Além disso, para a propositura da Ação Popular, há ainda os requisitos legais previstos no art. 2º da Lei n. 4.717/65, onde se lê:
\u2018\u2019Art. 2º São nulos os atos lesivos ao patrimônio das entidades mencionadas no artigo anterior, nos casos de:
a) incompetência;
b) vício de forma;
c) ilegalidade do objeto;
d) inexistência dos motivos;
e) desvio de finalidade. \u2019\u2019
Cumpre destacar que houve lesão ao patrimônio público, pois foi utilizado dinheiro do Senado Federal para beneficiar um agente político em suas pretensões pessoais, em termos de melhorias do seu próprio gabinete, o que de forma expressa é vedado pela Constituição, nos termos do art. 37, caput, já que a administração pública direta e indireta de qualquer dos Poderes da União, dos Estados, do Distrito Federal e dos Municípios obedecerá aos princípios de legalidade, impessoalidade, moralidade, publicidade e eficiência.
Havendo, portanto, expressa violação ao princípio da moralidade, uma vez que o dinheiro público e a máquina pública foram gastos para atender fins pessoais.
Também pode ser aplicado ao caso em tela o disposto no art. 4º, I, da Lei n. 4.717/65, que estabelece que sejam também nulos os atos ou contratos, praticados ou celebrados por quaisquer das pessoas ou entidades referidas no art. 1º da Lei n. 4.717/65, como por exemplo, a admissão ao serviço público remunerado, com desobediência, quanto às condições de habilitação, das normas legais, regulamentares ou constantes de instruções gerais.

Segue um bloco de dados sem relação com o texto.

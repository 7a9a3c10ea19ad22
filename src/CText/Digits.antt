-- ===== src/CText/Digits.antt =====
-- `%06d` and `%02d` of numbers that fit, and `atoi` on them.
use aoq.Prelude.{ℕ, ◌+◌, ◌*◌, ◌/◌, ◌%◌, ◌<◌, ◌∙◌, ap, ◌≡◌, false, List, [], ◌∷◌, ◌++◌, arith, All}
use aoq.Prelude.Int.{pos}
use aoq.Heap.{ok, ◌>>=◌}
use aoq.CText.{is_digit, scan_digits, atoi}

abbrev pub digit : ℕ → ℕ
digit n = b'0' + n % 10

-- `sprintf(s, "%06d", n)` for `n` below a million.
abbrev pub six_digits : ℕ → List ℕ
six_digits n =
    digit (n / 100000)
    ∷ digit (n / 10000)
    ∷ digit (n / 1000)
    ∷ digit (n / 100)
    ∷ digit (n / 10)
    ∷ digit n
    ∷ []

scan_digits-digit :
    (acc d : ℕ) (s : List ℕ)
    → d < 10
    → scan_digits acc ((b'0' + d) ∷ s) ≡ scan_digits (acc * 10 + d) s
unfolding scan_digits
scan_digits-digit acc d s h = ground arith

scan_digits-stop : (acc c : ℕ) (s : List ℕ) → is_digit c ≡ false → scan_digits acc (c ∷ s) ≡ ok acc
unfolding scan_digits
scan_digits-stop acc c s h = rw h

atoi-digit :
    (d : ℕ) (s : List ℕ)
    → d < 10
    → atoi ((b'0' + d) ∷ s) ≡ (scan_digits 0 ((b'0' + d) ∷ s) >>= λ n. ok (pos n))
unfolding atoi
atoi-digit d s h = ground arith

-- The bytes behind a number, where they exist, stop it.
abbrev pub Stops : List ℕ → Type 0
Stops [] = ⊥
Stops (c ∷ s) = is_digit c ≡ false

scan_digits-Stops : (acc : ℕ) (s : List ℕ) → Stops s → scan_digits acc s ≡ ok acc
scan_digits-Stops acc [] h = absurd h
scan_digits-Stops acc (c ∷ s) h = scan_digits-stop acc c s h

-- The value of a run of decimal digits.
abbrev pub from_digits : ℕ → List ℕ → ℕ
from_digits acc [] = acc
from_digits acc (d ∷ ds) = from_digits (acc * 10 + d) ds

abbrev pub shown : List ℕ → List ℕ
shown [] = []
shown (d ∷ ds) = (b'0' + d) ∷ shown ds

scan_digits-shown :
    (acc : ℕ) (ds s : List ℕ)
    → All (λ d. d < 10) ds
    → Stops s
    → scan_digits acc (shown ds ++ s) ≡ ok (from_digits acc ds)
scan_digits-shown acc [] s h stop = scan_digits-Stops acc s stop
scan_digits-shown acc (d ∷ ds) s (lt, h) stop =
    scan_digits-digit acc d (shown ds ++ s) lt ∙ scan_digits-shown (acc * 10 + d) ds s h stop

-- `atoi` reads the decimal digits at the front of a text, whatever stops them.
pub atoi-shown :
    (d : ℕ) (ds s : List ℕ)
    → d < 10
    → All (λ d. d < 10) ds
    → Stops s
    → atoi (shown (d ∷ ds) ++ s) ≡ ok (pos (from_digits 0 (d ∷ ds)))
atoi-shown d ds s lt h stop =
    atoi-digit d (shown ds ++ s) lt
    ∙ ap (λ r. r >>= λ n. ok (pos n)) (scan_digits-shown 0 (d ∷ ds) s (lt, h) stop)

-- `atoi` gives back what `%06d` wrote.
pub atoi-six_digits :
    (n : ℕ) (s : List ℕ) → n < 1000000 → Stops s → atoi (six_digits n ++ s) ≡ ok (pos n)
atoi-six_digits n s h stop =
    atoi-shown (n / 100000 % 10)
      (n / 10000 % 10 ∷ n / 1000 % 10 ∷ n / 100 % 10 ∷ n / 10 % 10 ∷ n % 10 ∷ []) s (omega arith)
      (omega arith) stop
    ∙ ap (λ k. ok (pos k)) (omega arith)

-- `%02d`
abbrev pub two_digits : ℕ → List ℕ
two_digits n = digit (n / 10) ∷ digit n ∷ []

pub atoi-two_digits :
    (n : ℕ) (s : List ℕ) → n < 100 → Stops s → atoi (two_digits n ++ s) ≡ ok (pos n)
atoi-two_digits n s h stop =
    atoi-shown (n / 10 % 10) (n % 10 ∷ []) s (omega arith) (omega arith) stop
    ∙ ap (λ k. ok (pos k)) (omega arith)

Destaque-se que, em regra, a competência para julgar ação popular contra ato de qualquer autoridade, até mesmo do Senado Federal, é, via de regra, do juízo competente de primeiro grau. Sendo para tanto competente o Juiz Federal, e, no caso, no domicílio do autor.
Diante de todo o exposto e da gravidade dos fatos, a presente ação deve ser julgada procedente.
DA MEDIDA LIMINAR
Conforme estabelece o art. 5º, § 4º, da Lei n. 4.717/65, na defesa do patrimônio público caberá à suspensão liminar do ato lesivo impugnado. Observa-se que, no caso em tela, a situação atenta contra a moralidade administrativa, princípio expresso no caput do art. 37 da Constituição Federal, o que demonstra inequivocamente o fumus boni iuris.
Já o periculum in mora faz-se presente, visto que o processo licitatório já se encerrou.